我想要的最终结果是段的开始和段的结束,现在的斜率 (a) 和 Intercept ,段的左点(锚点)和段的右点。
如下(仅示例,与实数无关):
> DF
Start Segment End Segment Slope Intercept Anchor Beginning Anchor End
1 2015-01-14 10:00:00 2015-01-14 08:00:00 2.061000e-01 8.123 0.50 0.30
2 2015-01-14 08:00:00 2015-01-14 17:00:00 -9.516197e-17 9.456 0.70 0.40
3 2015-01-14 17:00:00 2015-01-14 23:00:00 -1.448854e-01 2.9009 0.60 0.90
好吧,你已经有了断点,例如
(breaks <- data.frame(
start = index(z[c(1, bp$breakpoints+1)]),
end = c(index(z[bp$breakpoints]), index(z[length(z)]))
))
# start end
# 1 2015-01-14 00:00:00 2015-01-14 07:00:00
# 2 2015-01-14 08:00:00 2015-01-14 09:00:00
# 3 2015-01-14 10:00:00 2015-01-14 17:00:00
# 4 2015-01-14 18:00:00 2015-01-14 20:00:00
# 5 2015-01-14 21:00:00 2015-01-14 23:00:00
fits <- lapply(seq_len(nrow(breaks)), function(x) {
idx <- index(z)>=breaks[x, 1] & index(z)<=breaks[x, 2]
fit <- lm(z[idx]~index(z[idx]))
})
sapply(fits, coefficients)
# [,1] [,2] [,3] [,4] [,5]
# (Intercept) -4.048094e+02 -1.007876e+05 8.358223e+03 3.750603e+04 1.873346e+04
# index(z[idx]) 2.850529e-07 7.091667e-05 -5.880291e-06 -2.638889e-05 -1.318056e-05
最后一步是以您想要的格式合并您需要的所有数据。
我有以下时间序列:
Lines <- "Hour,PF
0,14/01/2015 00:00,0.305
1,14/01/2015 01:00,0.306
2,14/01/2015 02:00,0.307
3,14/01/2015 03:00,0.3081
4,14/01/2015 04:00,0.3091
5,14/01/2015 05:00,0.3101
6,14/01/2015 06:00,0.3111
7,14/01/2015 07:00,0.3122
8,14/01/2015 08:00,0.455
9,14/01/2015 09:00,0.7103
10,14/01/2015 10:00,0.9656
11,14/01/2015 11:00,1
12,14/01/2015 12:00,0.9738
13,14/01/2015 13:00,0.9476
14,14/01/2015 14:00,0.9213
15,14/01/2015 15:00,0.8951
16,14/01/2015 16:00,0.8689
17,14/01/2015 17:00,0.8427
18,14/01/2015 18:00,0.6956
19,14/01/2015 19:00,0.6006
20,14/01/2015 20:00,0.5056
21,14/01/2015 21:00,0.4106
22,14/01/2015 22:00,0.3157
23,14/01/2015 23:00,0.3157"
library (zoo)
library (strucchange)
z <- read.zoo(text = Lines, tz = "", format = "%d/%m/%Y %H:%M", sep = ",")

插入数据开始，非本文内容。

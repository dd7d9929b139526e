-- ===== src/Pipeline/Memory.antt =====
-- No thread after the receive thread writes to the message buffers.
use dpdk_udp_receiver.Common.{ℕ, ◌≡◌, arith, Option, none, some, Option-cases, inl, inr, ok}
use dpdk_udp_receiver.Dpdk.{Dpdk}
use dpdk_udp_receiver.Channel.{Config, Packet, Channel, packet_at}
use dpdk_udp_receiver.Assemble.{
  Consumer, Loop, waiting, syncing, running, copy_packet, open_frame, fill_frame, take_frame,
  open_tmp, assemble, count_packet, run_packet, discard, handle, poll, round,
}
use dpdk_udp_receiver.Align.{Wait, align, check, pass_on, drop_frame}
use dpdk_udp_receiver.Send.{Sender, send, send_frame, give_back}

module _ (cfg : Config) (d : Dpdk) where
  assemble-messages :
      (p : Packet) (c : Channel d) (k : Consumer) (s' : Channel d × Consumer)
      → assemble cfg d p (c, k) ≡ ok s'
      → s'.0.messages ≡ c.messages
  unfolding assemble open_tmp take_frame open_frame fill_frame copy_packet
  assemble-messages p c k s' e = ground arith

  handle-messages :
      (l : Loop) (x : ℕ) (rest : d.Ring) (c : Channel d) (k : Consumer) (s' : Channel d × Consumer)
      → handle cfg d l x rest (c, k) ≡ ok s'
      → s'.0.messages ≡ c.messages
  unfolding handle discard run_packet count_packet
  handle-messages waiting x rest c k s' e = ground arith
  handle-messages syncing x rest c k s' e = ground arith
  handle-messages running x rest c k s' e =
      let p = packet_at (c.messages x) in
      let (c', k') = count_packet cfg d p x rest (c, k) in
      ground (arith, assemble-messages p c' k' s')

  pub round-messages :
      (c : Channel d) (k : Consumer) (s' : Channel d × Consumer)
      → round cfg d (c, k) ≡ ok s'
      → s'.0.messages ≡ c.messages
  unfolding round poll
  round-messages c k s' e = elim (Option-cases (d.dequeue c.ring1_2)) [
    | inl empty ↦ ground arith
    | inr ((x, rest), got) ↦ ground (arith, handle-messages k.loop x rest c k s')
  ]

  pub align-messages :
      (tsc : ℕ) (c : Channel d) (w : Option Wait) → (align cfg d tsc (c, w)).0.messages ≡ c.messages
  unfolding align check pass_on drop_frame
  align-messages tsc c none = ground arith
  align-messages tsc c (some w) = ground arith

  pub send-messages :
      (c c' : Channel d) (s s' : Sender) → send d (c, s) ≡ ok (c', s') → c'.messages ≡ c.messages
  unfolding send send_frame give_back
  send-messages c c' s s' e = ground arith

bp <- breakpoints(z ~ 1, h = 2)
plot(z)
abline(v = time(z)[bp$breakpoints])
fit <- zoo(fitted(bp), time(z))
lines(fit, col = "blue", lty = 2, lwd = 2)
levs <- fit[bp$breakpoints + 0:1]
a<-diff(levs) / diff(as.numeric(time(levs)) / 3600)
DF <- fortify.zoo(a)
我得到以下 DF:
> DF
Index a
1 2015-01-14 10:00:00 2.061000e-01
2 2015-01-14 17:00:00 -9.516197e-17
3 2015-01-14 21:00:00 -1.448854e-01
我尝试更改 breakpoints 中的公式以获得具有斜率和截距的线性模型:
bp <- breakpoints(z ~ Lines$PF, h = 2)
没有成功。 我想要的最终结果是段的开始和段的结束,现在的斜率 (a) 和 Intercept ,段的左点(锚点)和段的右点。 如下(仅示例,与实数无关):
> DF
Start Segment End Segment Slope Intercept Anchor Beginning Anchor End
1 2015-01-14 10:00:00 2015-01-14 08:00:00 2.061000e-01 8.123 0.50 0.30
2 2015-01-14 08:00:00 2015-01-14 17:00:00 -9.516197e-17 9.456 0.70 0.40
3 2015-01-14 17:00:00 2015-01-14 23:00:00 -1.448854e-01 2.9009 0.60 0.90
好吧,你已经有了断点,例如
(breaks <- data.frame(
start = index(z[c(1, bp$breakpoints+1)]),
end = c(index(z[bp$breakpoints]), index(z[length(z)]))
))
# start end
# 1 2015-01-14 00:00:00 2015-01-14 07:00:00
# 2 2015-01-14 08:00:00 2015-01-14 09:00:00
# 3 2015-01-14 10:00:00 2015-01-14 17:00:00
# 4 2015-01-14 18:00:00 2015-01-14 20:00:00
# 5 2015-01-14 21:00:00 2015-01-14 23:00:00
fits <- lapply(seq_len(nrow(breaks)), function(x) {
idx <- index(z)>=breaks[x, 1] & index(z)<=breaks[x, 2]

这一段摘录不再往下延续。